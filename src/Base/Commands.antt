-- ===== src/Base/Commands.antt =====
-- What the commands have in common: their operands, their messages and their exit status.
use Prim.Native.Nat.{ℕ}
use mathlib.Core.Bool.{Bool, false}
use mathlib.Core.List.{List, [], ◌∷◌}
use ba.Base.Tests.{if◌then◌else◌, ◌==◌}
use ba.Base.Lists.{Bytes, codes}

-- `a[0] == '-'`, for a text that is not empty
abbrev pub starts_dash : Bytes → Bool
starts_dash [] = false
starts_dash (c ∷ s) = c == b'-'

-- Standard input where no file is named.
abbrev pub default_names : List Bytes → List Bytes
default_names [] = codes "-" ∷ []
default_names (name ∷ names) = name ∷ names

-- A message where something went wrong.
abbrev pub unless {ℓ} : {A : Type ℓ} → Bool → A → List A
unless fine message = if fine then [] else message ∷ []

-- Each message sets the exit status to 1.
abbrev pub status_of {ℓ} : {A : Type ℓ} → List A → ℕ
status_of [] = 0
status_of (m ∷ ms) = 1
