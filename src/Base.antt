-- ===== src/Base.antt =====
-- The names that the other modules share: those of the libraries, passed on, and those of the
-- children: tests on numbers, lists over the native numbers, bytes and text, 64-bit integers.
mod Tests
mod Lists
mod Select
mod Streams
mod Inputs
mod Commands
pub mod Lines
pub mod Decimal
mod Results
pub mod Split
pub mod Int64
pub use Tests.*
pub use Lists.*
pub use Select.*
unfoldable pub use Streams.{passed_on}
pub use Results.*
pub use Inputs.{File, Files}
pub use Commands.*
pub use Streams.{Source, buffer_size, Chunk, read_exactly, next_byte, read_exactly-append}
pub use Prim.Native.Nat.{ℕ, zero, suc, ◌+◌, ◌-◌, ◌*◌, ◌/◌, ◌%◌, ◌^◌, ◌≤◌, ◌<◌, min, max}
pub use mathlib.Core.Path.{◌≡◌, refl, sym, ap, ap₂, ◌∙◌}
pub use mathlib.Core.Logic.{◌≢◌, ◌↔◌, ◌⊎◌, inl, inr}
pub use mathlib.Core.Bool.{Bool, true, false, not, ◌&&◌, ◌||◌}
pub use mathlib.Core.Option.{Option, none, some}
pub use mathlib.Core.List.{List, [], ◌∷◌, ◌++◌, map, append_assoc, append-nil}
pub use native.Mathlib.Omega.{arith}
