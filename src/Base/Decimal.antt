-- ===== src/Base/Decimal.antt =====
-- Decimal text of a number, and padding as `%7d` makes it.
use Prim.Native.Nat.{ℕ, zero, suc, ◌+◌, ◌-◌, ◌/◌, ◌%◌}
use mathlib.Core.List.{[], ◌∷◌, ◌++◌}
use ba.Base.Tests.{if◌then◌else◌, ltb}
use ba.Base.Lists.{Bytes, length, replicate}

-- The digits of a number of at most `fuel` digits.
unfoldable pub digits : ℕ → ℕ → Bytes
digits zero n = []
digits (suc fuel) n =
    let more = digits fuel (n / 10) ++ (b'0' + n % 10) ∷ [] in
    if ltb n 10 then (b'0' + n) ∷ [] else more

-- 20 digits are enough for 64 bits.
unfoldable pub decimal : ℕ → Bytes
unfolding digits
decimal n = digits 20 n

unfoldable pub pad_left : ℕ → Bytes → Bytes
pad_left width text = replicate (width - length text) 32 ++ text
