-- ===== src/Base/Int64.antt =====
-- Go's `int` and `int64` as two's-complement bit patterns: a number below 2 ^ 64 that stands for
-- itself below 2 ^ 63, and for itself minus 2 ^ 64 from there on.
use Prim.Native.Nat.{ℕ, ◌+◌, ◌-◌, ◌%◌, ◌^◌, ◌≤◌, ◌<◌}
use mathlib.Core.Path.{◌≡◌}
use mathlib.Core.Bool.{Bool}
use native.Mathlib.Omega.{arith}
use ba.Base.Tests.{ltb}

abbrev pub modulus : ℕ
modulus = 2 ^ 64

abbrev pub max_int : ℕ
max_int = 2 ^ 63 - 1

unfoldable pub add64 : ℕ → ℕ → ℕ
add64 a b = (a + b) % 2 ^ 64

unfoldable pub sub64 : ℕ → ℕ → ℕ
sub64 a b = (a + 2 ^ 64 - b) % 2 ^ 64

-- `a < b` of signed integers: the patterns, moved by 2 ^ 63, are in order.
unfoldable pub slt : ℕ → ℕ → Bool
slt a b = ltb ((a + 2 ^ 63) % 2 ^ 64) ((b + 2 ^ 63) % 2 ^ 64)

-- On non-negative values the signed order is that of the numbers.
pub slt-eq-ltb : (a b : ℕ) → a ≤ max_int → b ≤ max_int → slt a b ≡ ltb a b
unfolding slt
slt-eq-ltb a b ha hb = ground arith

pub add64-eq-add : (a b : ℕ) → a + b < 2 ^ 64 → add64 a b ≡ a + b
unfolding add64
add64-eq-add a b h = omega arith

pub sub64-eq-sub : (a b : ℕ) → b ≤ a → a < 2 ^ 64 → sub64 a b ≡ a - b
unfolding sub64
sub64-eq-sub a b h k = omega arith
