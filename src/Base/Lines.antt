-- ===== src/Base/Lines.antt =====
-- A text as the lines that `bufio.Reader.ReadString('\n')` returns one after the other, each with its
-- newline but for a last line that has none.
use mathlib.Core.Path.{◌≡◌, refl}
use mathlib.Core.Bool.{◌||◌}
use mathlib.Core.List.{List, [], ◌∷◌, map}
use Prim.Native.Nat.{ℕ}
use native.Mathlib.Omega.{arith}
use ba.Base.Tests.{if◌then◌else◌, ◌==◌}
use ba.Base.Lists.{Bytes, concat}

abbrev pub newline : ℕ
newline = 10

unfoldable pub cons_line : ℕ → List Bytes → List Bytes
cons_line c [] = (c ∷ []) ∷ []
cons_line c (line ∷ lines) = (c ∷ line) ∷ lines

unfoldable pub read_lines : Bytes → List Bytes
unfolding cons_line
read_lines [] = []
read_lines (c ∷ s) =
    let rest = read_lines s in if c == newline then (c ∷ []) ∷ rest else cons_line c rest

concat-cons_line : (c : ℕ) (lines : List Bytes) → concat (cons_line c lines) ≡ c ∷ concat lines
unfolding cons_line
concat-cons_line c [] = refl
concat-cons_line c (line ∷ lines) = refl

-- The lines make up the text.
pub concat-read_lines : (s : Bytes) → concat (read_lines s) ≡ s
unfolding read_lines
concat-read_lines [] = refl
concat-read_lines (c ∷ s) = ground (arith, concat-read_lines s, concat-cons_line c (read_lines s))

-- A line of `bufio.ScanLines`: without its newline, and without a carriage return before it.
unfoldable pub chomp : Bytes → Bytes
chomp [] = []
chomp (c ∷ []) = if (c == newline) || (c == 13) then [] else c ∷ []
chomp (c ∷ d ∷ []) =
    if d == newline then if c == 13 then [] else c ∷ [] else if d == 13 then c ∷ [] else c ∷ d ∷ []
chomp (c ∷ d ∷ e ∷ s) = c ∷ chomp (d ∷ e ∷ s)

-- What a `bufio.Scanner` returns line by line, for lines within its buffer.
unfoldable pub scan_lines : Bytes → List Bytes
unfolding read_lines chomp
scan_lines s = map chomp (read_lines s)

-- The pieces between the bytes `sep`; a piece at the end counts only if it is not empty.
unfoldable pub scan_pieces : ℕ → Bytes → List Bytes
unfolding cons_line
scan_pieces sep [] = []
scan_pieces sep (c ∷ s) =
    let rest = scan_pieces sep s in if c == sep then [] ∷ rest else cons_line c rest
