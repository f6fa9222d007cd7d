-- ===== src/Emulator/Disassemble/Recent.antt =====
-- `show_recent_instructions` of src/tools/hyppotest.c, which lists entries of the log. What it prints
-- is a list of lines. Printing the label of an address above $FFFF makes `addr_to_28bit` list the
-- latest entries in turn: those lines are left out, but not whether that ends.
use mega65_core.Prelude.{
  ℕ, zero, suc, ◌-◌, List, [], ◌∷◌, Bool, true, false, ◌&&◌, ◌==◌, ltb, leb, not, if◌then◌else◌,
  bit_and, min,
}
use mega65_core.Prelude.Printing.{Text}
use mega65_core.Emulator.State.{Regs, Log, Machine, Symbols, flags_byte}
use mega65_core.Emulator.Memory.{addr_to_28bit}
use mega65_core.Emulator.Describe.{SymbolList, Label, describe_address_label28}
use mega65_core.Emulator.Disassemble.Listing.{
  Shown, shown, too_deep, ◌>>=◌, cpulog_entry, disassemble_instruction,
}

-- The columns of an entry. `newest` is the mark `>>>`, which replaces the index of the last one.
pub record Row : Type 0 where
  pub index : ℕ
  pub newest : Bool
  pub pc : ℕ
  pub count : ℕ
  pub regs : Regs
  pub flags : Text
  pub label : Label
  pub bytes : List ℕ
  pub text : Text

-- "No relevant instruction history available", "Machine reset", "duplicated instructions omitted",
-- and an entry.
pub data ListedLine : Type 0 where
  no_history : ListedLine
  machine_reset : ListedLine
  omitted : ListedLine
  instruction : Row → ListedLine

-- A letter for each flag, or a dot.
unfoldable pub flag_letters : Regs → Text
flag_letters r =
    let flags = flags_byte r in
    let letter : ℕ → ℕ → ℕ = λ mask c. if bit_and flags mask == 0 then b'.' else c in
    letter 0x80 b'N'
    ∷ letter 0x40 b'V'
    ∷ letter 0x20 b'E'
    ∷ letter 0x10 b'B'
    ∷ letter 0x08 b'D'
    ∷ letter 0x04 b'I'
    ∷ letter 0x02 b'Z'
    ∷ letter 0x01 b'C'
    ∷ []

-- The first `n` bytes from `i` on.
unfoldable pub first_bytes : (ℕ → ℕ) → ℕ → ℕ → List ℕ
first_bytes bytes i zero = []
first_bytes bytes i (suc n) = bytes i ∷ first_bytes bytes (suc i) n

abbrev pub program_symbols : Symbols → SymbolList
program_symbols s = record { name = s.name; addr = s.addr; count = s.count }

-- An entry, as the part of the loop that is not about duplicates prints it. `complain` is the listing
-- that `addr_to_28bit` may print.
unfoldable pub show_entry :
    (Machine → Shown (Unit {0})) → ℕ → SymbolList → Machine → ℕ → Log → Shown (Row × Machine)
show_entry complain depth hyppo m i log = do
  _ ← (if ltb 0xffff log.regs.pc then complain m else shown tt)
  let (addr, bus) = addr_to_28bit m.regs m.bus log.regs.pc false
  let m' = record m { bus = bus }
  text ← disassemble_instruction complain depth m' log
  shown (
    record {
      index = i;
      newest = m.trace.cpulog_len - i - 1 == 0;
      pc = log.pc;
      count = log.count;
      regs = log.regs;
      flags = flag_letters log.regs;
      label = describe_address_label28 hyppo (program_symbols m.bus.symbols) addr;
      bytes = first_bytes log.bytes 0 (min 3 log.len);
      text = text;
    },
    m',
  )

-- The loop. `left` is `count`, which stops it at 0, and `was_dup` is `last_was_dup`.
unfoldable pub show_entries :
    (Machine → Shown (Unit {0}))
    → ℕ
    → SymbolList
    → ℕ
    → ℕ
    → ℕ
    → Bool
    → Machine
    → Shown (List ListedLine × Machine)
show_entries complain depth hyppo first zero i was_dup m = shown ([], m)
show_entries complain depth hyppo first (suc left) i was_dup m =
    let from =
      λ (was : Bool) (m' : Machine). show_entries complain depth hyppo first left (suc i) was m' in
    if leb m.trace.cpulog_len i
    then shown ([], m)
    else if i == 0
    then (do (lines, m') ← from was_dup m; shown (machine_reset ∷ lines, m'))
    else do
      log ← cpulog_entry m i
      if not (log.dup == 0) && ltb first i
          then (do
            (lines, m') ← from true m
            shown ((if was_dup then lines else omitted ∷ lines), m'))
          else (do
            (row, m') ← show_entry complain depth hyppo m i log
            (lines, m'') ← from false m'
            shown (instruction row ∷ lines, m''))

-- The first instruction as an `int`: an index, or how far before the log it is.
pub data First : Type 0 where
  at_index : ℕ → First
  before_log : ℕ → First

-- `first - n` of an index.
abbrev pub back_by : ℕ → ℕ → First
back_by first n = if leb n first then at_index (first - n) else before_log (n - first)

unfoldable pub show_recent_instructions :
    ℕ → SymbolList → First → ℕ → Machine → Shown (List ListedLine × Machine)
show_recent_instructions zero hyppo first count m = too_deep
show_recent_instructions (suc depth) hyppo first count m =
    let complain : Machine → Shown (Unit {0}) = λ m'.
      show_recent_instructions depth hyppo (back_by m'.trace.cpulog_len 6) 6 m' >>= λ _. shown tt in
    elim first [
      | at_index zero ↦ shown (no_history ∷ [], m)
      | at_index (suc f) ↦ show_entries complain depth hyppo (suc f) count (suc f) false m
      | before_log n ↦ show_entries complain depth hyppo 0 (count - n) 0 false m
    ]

=====

**Exercise details**.
Your answer should consist of all lines above that include the string "rest".

**Task answer**.
    let rest = read_lines s in if c == newline then (c ∷ []) ∷ rest else cons_line c rest
    let rest = scan_pieces sep s in if c == sep then [] ∷ rest else cons_line c rest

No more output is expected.